Kami menggunakan pendaftaran Anda untuk menyediakan konten dengan cara yang Anda setujui dan untuk meningkatkan pemahaman kami tentang Anda. Anda dapat berhenti berlangganan kapan saja.

Pandemi COVID-19 telah mematahkan kenormalan masyarakat. Namun, peluang yang mungkin muncul dari abu pandemi ini adalah pengaturan ulang untuk melampaui Tujuan Pembangunan Berkelanjutan Perserikatan Bangsa-Bangsa - tulis Kevin Butler, spesialis urusan publik yang berbasis di Brussel.

Kevin Butler, spesialis urusan publik yang berbasis di Brussel.

Kevin Butler, spesialis urusan publik yang berbasis di Brussel.

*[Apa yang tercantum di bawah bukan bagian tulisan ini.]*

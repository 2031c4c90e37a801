-- ===== src/Cli/Rounds.antt =====
-- What a round of the parser in src/cli_args.c keeps: the ranges of the numbers, and the sources.
use vless_core_cli.Prelude.{
  ℕ, ◌≤◌, Bool, true, false, ◌&&◌, ◌||◌, not, List, [], ◌∷◌, Option, none, some, leb, ◌==◌, length,
  Bytes, ◌≡◌, refl, sym, ◌∙◌, ◌≢◌, inl, inr, arith, Bool-cases, same_bytes, choose, choose_by,
}
use vless_core_cli.Cli.{
  uri_id, connection_fd_id, listen_id, route_port_id, timeout_id, ips_id, inspect_id, Row, options,
  find_row, lookup_option, number, Problem, Parse, saw, Round, rejected, parsed, mark, action_round,
  source_round, option_number,
}
use vless_core_cli.Cli.Numbers.{number_iff}

-- The ranges that the table of options has for the numbers.
unfoldable pub is_row : Row → Bool
is_row r =
    leb r.maximum 2147483647
    && (not (r.id == listen_id) || r.maximum == 65535)
    && (not (r.id == route_port_id) || r.maximum == 65535)
    && (not (r.id == timeout_id) || r.maximum == 300000 && r.minimum == 1)

are_rows : List Row → Bool
are_rows [] = true
are_rows (r ∷ rs) = is_row r && are_rows rs

options_table : are_rows options ≡ true
unfolding options are_rows is_row
options_table = refl

find_row-is_row :
    (text : Bytes) (rs : List Row) {r : Row}
    → are_rows rs ≡ true
    → find_row text rs ≡ some r
    → is_row r ≡ true
unfolding are_rows is_row
find_row-is_row text [] h e = absurd (cc e)
find_row-is_row text (s ∷ rs) {r} h e = elim (Bool-cases (same_bytes text s.name)) [
  | inl f ↦
      let found : find_row text (s ∷ rs) ≡ some s = rw f refl in
      let same : s ≡ r = cc (found, e) in rw (← same) (ground (arith, h))
  | inr f ↦
      let later : find_row text (s ∷ rs) ≡ find_row text rs = rw f refl in
      find_row-is_row text rs (ground (arith, h)) (sym later ∙ e)
]

pub lookup_option-is_row :
    (text : Option Bytes) {r : Row} → lookup_option text ≡ some r → is_row r ≡ true
unfolding lookup_option
lookup_option-is_row none e = absurd (cc e)
lookup_option-is_row (some text) e = find_row-is_row text options options_table e

-- What holds between two arguments.
pub record IsParse (p : Parse) : Type 0 where
  pub listen : p.args.listen_port ≤ 65535
  pub route : p.args.route_port ≤ 65535
  pub timeout : (1 ≤ p.args.connect_timeout) × (p.args.connect_timeout ≤ 300000)
  pub source : p.args.source ≤ 3
  pub apart : p.args.source ≡ 3 → p.args.server_ips ≡ none
  pub ips : saw ips_id p ≡ false → p.args.server_ips ≡ none

unfoldable pub Fine : ℕ → Round → Type 0
Fine n (rejected problem) = Unit
Fine n (parsed q more) = (length more ≤ n) × IsParse q

pub rejected-Fine : (n : ℕ) (problem : Problem) → Fine n (rejected problem)
unfolding Fine
rejected-Fine n problem = tt

pub parsed-Fine :
    (n : ℕ) (q : Parse) (more : List (Option Bytes))
    → length more ≤ n
    → IsParse q
    → Fine n (parsed q more)
unfolding Fine
parsed-Fine n q more le v = (le, v)

pub action_round-Fine :
    (r : Row) (p : Parse) (rest : List (Option Bytes))
    → IsParse p
    → Fine (length rest) (action_round r p rest)
unfolding action_round
action_round-Fine r p rest v =
    let n = length rest in
    choose (Fine n) (r.id == inspect_id && saw inspect_id p) _ _ (rejected-Fine n _) (
      choose (Fine n) _ _ _ (rejected-Fine n _) (
        parsed-Fine n _ rest (omega arith) (record {
          listen = v.listen;
          route = v.route;
          timeout = v.timeout;
          source = v.source;
          apart = v.apart;
          ips = λ e. v.ips (ground (arith, e));
        })))

pub source_round-Fine :
    (r : Row) (value : Bytes) (number : ℕ) (p : Parse) (rest : List (Option Bytes))
    → IsParse p
    → leb r.id connection_fd_id ≡ true
    → Fine (length rest) (source_round r value number p rest)
unfolding source_round
source_round-Fine r value number p rest v le =
    let n = length rest in
    choose (Fine n) (not (p.args.source == 0)) _ _ (rejected-Fine n _) (
      choose_by (Fine n) (r.id == connection_fd_id && saw ips_id p) _ _ (λ e. rejected-Fine n _)
        (λ e. parsed-Fine n _ rest (omega arith) (
          choose (λ args. IsParse (mark r.id args p)) (r.id == uri_id) _ _
            (record {
              listen = v.listen;
              route = v.route;
              timeout = v.timeout;
              source = ground (arith, le);
              apart = λ f. v.ips (ground (arith, e, f));
              ips = λ f. v.ips (ground (arith, f));
            })
            (record {
              listen = v.listen;
              route = v.route;
              timeout = v.timeout;
              source = ground (arith, le);
              apart = λ f. v.ips (ground (arith, e, f));
              ips = λ f. v.ips (ground (arith, f));
            }))))

-- A number is in the range of its option.
abbrev pub InRow : Row → ℕ → Type 0
InRow r number = (r.maximum ≢ 0) → (r.minimum ≤ number) × (number ≤ r.maximum)

pub option_number-InRow :
    (r : Row) (value : Bytes) (n : ℕ) → is_row r ≡ true → option_number r value ≡ some n → InRow r n
unfolding option_number is_row
option_number-InRow r value n ok e given =
    let some_maximum : (r.maximum == 0) ≡ false = ground (arith, given) in
    let opened : option_number r value ≡ number value r.minimum r.maximum =
      rw (some_maximum, option_number) refl in
    let (long, digits, same, low, high) =
      (number_iff value r.minimum r.maximum n (ground (arith, ok))).0 (sym opened ∙ e) in
    (low, high)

In 2015, Perserikatan Bangsa-Bangsa menetapkan kumpulan 17 tujuan yang saling terkait sebagai "cetak biru untuk mencapai masa depan yang lebih baik dan lebih berkelanjutan untuk semua". September 2020 adalah ulang tahun kelima adopsi mereka. Dengan hanya tersisa kurang dari sepuluh tahun untuk mencapai Tujuan Pembangunan Berkelanjutan, para pemimpin dunia pada KTT SDG pada tahun 2019 menyerukan Dekade Aksi dan mewujudkan pembangunan berkelanjutan. Mereka berjanji untuk memobilisasi pembiayaan, meningkatkan implementasi nasional dan memperkuat lembaga untuk mencapai Tujuan pada tanggal target 2030, tanpa meninggalkan siapa pun. Terlepas dari kemajuan baru-baru ini menuju Tujuan, pandemi telah mengubah momentum ini.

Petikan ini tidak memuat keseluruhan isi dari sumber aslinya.